By now you are aware that the much anticipated final ruling from the Department of Health and Human Services (HHS) regarding regulations implementing the security, privacy, and data breach notification provisions of the HITECH Act were released on January 17, 2013. The HHS’s hope in issuing this final rule is to strengthen the data and security protection for individuals’ health information. This ruling finalizes an interim modified HIPAA Breach Notification Rule, which has been in effect since 2009. The new regulations tafe effect on March 26, 2013 but medical organizations and their business associates have until September 23 to fully comply. Here are some key changes made by the final ruling:
- Expanded “Business Associate” Definition: The definition now includes any entity that facilitates data transmission such as health information organizations, subcontractors and vendors of personal health records. Business associates are now directly liable under the Security Rule and various provisions of the Privacy Rule.

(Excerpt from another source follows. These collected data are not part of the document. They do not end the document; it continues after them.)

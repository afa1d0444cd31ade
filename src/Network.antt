-- ===== src/Network.antt =====
-- privateaddr.go: which addresses and hosts BlockPrivateBaseURL refuses. An address is its number,
-- of 32 or 128 bits; parsing and printing an address, and quoting, are Go's and parameters.
pub mod Ranges
pub mod Egress
use rho_llm.Base.{
  ℕ, zero, suc, ◌+◌, ◌*◌, ◌-◌, ◌/◌, ◌%◌, ◌^◌, Text, text, text_eq, is_empty, has_prefix, has_suffix,
  to_lower, Bool, true, false, ◌&&◌, ◌||◌, not, Option, none, some, List, [], ◌∷◌, ◌++◌, ◌==◌, leb,
  if◌then◌else◌, ◌⊎◌, inl, inr, drop,
}
use rho_llm.Errors.{GoError, sentinel, suffixed, private_address}

-- netip.Addr, an IPv6 address with its zone.
pub data Addr : Type 0 where
  no_addr : Addr
  v4 : ℕ → Addr
  v6 : ℕ → Text → Addr

-- netip.Prefix: the number of its first address, and its bits.
pub data Prefix : Type 0 where
  prefix4 prefix6 : ℕ → ℕ → Prefix

abbrev pub v4_net : ℕ → ℕ → ℕ → ℕ → ℕ → Prefix
v4_net a b c d bits = prefix4 (((a * 256 + b) * 256 + c) * 256 + d) bits

-- The first six groups of an IPv6 network, whose other two are 0.
abbrev pub v6_net : ℕ → ℕ → ℕ → ℕ → ℕ → ℕ → ℕ → Prefix
v6_net a b c d e f bits =
    prefix6 ((((((a * 65536 + b) * 65536 + c) * 65536 + d) * 65536 + e) * 65536 + f) * 2 ^ 32) bits

unfoldable pub prefix_contains : Prefix → Addr → Bool
prefix_contains (prefix4 base bits) (v4 n) = n / 2 ^ (32 - bits) == base / 2 ^ (32 - bits)
prefix_contains (prefix6 base bits) (v6 n zone) =
    is_empty zone && n / 2 ^ (128 - bits) == base / 2 ^ (128 - bits)
prefix_contains (prefix4 base bits) (v6 n zone) = false
prefix_contains (prefix6 base bits) (v4 n) = false
prefix_contains (prefix4 base bits) no_addr = false
prefix_contains (prefix6 base bits) no_addr = false

abbrev pub non_public_prefixes : List Prefix
non_public_prefixes =
    v4_net 0 0 0 0 8
    ∷ v4_net 10 0 0 0 8
    ∷ v4_net 100 64 0 0 10
    ∷ v4_net 127 0 0 0 8
    ∷ v4_net 169 254 0 0 16
    ∷ v4_net 172 16 0 0 12
    ∷ v4_net 192 0 0 0 24
    ∷ v4_net 192 0 2 0 24
    ∷ v4_net 192 88 99 0 24
    ∷ v4_net 192 168 0 0 16
    ∷ v4_net 198 18 0 0 15
    ∷ v4_net 198 51 100 0 24
    ∷ v4_net 203 0 113 0 24
    ∷ v4_net 224 0 0 0 4
    ∷ v4_net 240 0 0 0 4
    ∷ v6_net 0 0 0 0 0 0 96
    ∷ v6_net 0 0 0 0 0xffff 0 96
    ∷ v6_net 0x64 0xff9b 1 0 0 0 48
    ∷ v6_net 0x100 0 0 0 0 0 64
    ∷ v6_net 0x2001 0 0 0 0 0 32
    ∷ v6_net 0x2001 2 0 0 0 0 48
    ∷ v6_net 0x2001 0x10 0 0 0 0 28
    ∷ v6_net 0x2001 0xdb8 0 0 0 0 32
    ∷ v6_net 0x2002 0 0 0 0 0 16
    ∷ v6_net 0x3fff 0 0 0 0 0 20
    ∷ v6_net 0x5f00 0 0 0 0 0 16
    ∷ v6_net 0xfc00 0 0 0 0 0 7
    ∷ v6_net 0xfe80 0 0 0 0 0 10
    ∷ v6_net 0xfec0 0 0 0 0 0 10
    ∷ v6_net 0xff00 0 0 0 0 0 8
    ∷ []

abbrev pub well_known_nat64 : Prefix
well_known_nat64 = v6_net 0x64 0xff9b 0 0 0 0 96

-- Addr.WithZone("") and Addr.Unmap.
abbrev pub without_zone : Addr → Addr
without_zone no_addr = no_addr
without_zone (v4 n) = v4 n
without_zone (v6 n zone) = v6 n []

unfoldable pub unmap : Addr → Addr
unmap no_addr = no_addr
unmap (v4 n) = v4 n
unmap (v6 n zone) = if n / 2 ^ 32 == 0xffff then v4 (n % 2 ^ 32) else v6 n zone

-- The IPv4 address that the last four bytes of an IPv6 address make.
abbrev pub embedded : Addr → Addr
embedded (v6 n zone) = v4 (n % 2 ^ 32)
embedded (v4 n) = v4 n
embedded no_addr = no_addr

-- The address that is judged.
unfoldable pub canonical : Addr → Addr
canonical a =
    let u = unmap (without_zone a) in if prefix_contains well_known_nat64 u then embedded u else u

-- netip's tests: IsUnspecified, IsLoopback, IsPrivate, IsLinkLocalUnicast, IsLinkLocalMulticast and
-- IsMulticast, after !IsValid.
unfoldable pub is_special : Addr → Bool
is_special no_addr = true
is_special (v4 n) =
    n == 0
    || (n / 2 ^ 24 == 127
        || ((n / 2 ^ 24 == 10 || (n / 2 ^ 20 == 0xac1 || n / 2 ^ 16 == 0xc0a8))
            || (n / 2 ^ 16 == 0xa9fe || (n / 2 ^ 8 == 0xe00000 || n / 2 ^ 28 == 0xe))))
is_special (v6 n zone) =
    n == 0 && is_empty zone
    || (n == 1
        || (n / 2 ^ 121 == 126
            || (n / 2 ^ 118 == 1018
                || (n / 2 ^ 120 == 255 && n / 2 ^ 112 % 16 == 2 || n / 2 ^ 120 == 255))))

unfoldable pub any_contains : List Prefix → Addr → Bool
any_contains [] a = false
any_contains (p ∷ ps) a = prefix_contains p a || any_contains ps a

unfoldable pub private_addr : Addr → Bool
private_addr a = is_special (canonical a) || any_contains non_public_prefixes (canonical a)

-- Whether every byte passes a test: strings.Trim(s, cutset) == "".
abbrev pub all_bytes : (ℕ → Bool) → Text → Bool
all_bytes f [] = true
all_bytes f (c ∷ cs) = f c && all_bytes f cs

abbrev is_decimal : ℕ → Bool
is_decimal c = leb b'0' c && leb c b'9'

abbrev is_hexadecimal : ℕ → Bool
is_hexadecimal c = is_decimal c || leb b'a' c && leb c b'f'

abbrev has_dot : Text → Bool
has_dot [] = false
has_dot (c ∷ cs) = c == b'.' || has_dot cs

-- host[strings.LastIndex(host, ".")+1:].
unfoldable pub last_label : Text → Text
last_label [] = []
last_label (c ∷ cs) =
    let rest = last_label cs in if has_dot cs then rest else if c == b'.' then cs else c ∷ cs

unfoldable pub numeric_host : Text → Bool
numeric_host host =
    let last = last_label host in
    if has_prefix host (text "0x")
    then true
    else if has_prefix last (text "0x")
    then all_bytes is_hexadecimal (drop 2 last)
    else not (is_empty last) && all_bytes is_decimal last

-- strings.TrimSuffix(host, ".").
unfoldable pub trim_dot : Text → Text
trim_dot [] = []
trim_dot (c ∷ []) = if c == b'.' then [] else c ∷ []
trim_dot (c ∷ d ∷ cs) = c ∷ trim_dot (d ∷ cs)

-- netip.ParseAddr, Addr.String, and the %q of fmt.
pub record AddrText : Type 0 where
  pub parse_addr : Text → Option Addr
  pub addr_string : Addr → Text
  pub quoted : Text → Text

abbrev pub refused : Text → GoError
refused why = suffixed (sentinel private_address) (text ": " ++ why)

module _ (fmt : AddrText) where
  unfoldable pub check_name : Text → (Addr × Bool) ⊎ GoError
  check_name host =
      let lower = to_lower host in
      if is_empty lower
        || (text_eq lower (text "localhost") || has_suffix lower (text ".localhost"))
      then inr (refused (fmt.quoted host))
      else if numeric_host lower
      then inr (refused (fmt.quoted host ++ text " looks like an IPv4 address"))
      else inl (no_addr, false)

  -- The address if the host is a literal, and whether it is one.
  unfoldable pub check_host : Text → (Addr × Bool) ⊎ GoError
  check_host name =
      let host = trim_dot name in
      elim (fmt.parse_addr host) [
        | some addr ↦ if private_addr addr then inr (refused host) else inl (addr, true)
        | none ↦ check_name host
      ]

- Security and Privacy Rules Amendments: More extensive notices of privacy practices are now required and there are stricter limitations on the use of protected health information for fundraising and marketing activities. In addition, individuals’ rights to obtain electronic copies of their health records have been expanded.
- Amending the Definition of “Breach”: In finalizing the Breach Notification Rule, a data breach is now defined to have occurred if there has been any unauthorized acquisition, access, use, or disclosure of protected health information (PHI) unless it can be proved that the likelihood that the PHI has been compromised is low.
- Enforcement Rule Amendments: Penalties for violations increased and less affirmative defenses are acceptable. The maximum penalty for a HIPAA violation is now $50,000 per violation and $1.5 million for multiple identical violations. In the past, a medical entity’s reasonable lack of knowledge of a violation constituted an affirmative defense, but under the new rules, this is no longer accepted. An entity can claim a complete defense only if the violation was not due to willful neglect and corrected within thirty days of when the violation was discovered by the entity.
Last year, HHS executed a pilot program of auditing various medical organizations and their compliance with the HIPAA Rules. HHS plans to continue the HITECH-mandated audit program through 2013 and perhaps will consider extending to 2014 focusing on how well medical entities monitor their employees’ management of PHI. In the past, medical personnel’s improper handling of health records led to a number of medical data breaches resulting in substantial penalties.
This final ruling encompasses mandates by the HITECH Act with an aggressive enforcement policy and significant new burdens on medical organizations and their business associates. It would be wise if entities that handle HIPAA-protected information seek professional counsel and services to ensure they comply with the new regulations or risk the severe new fines.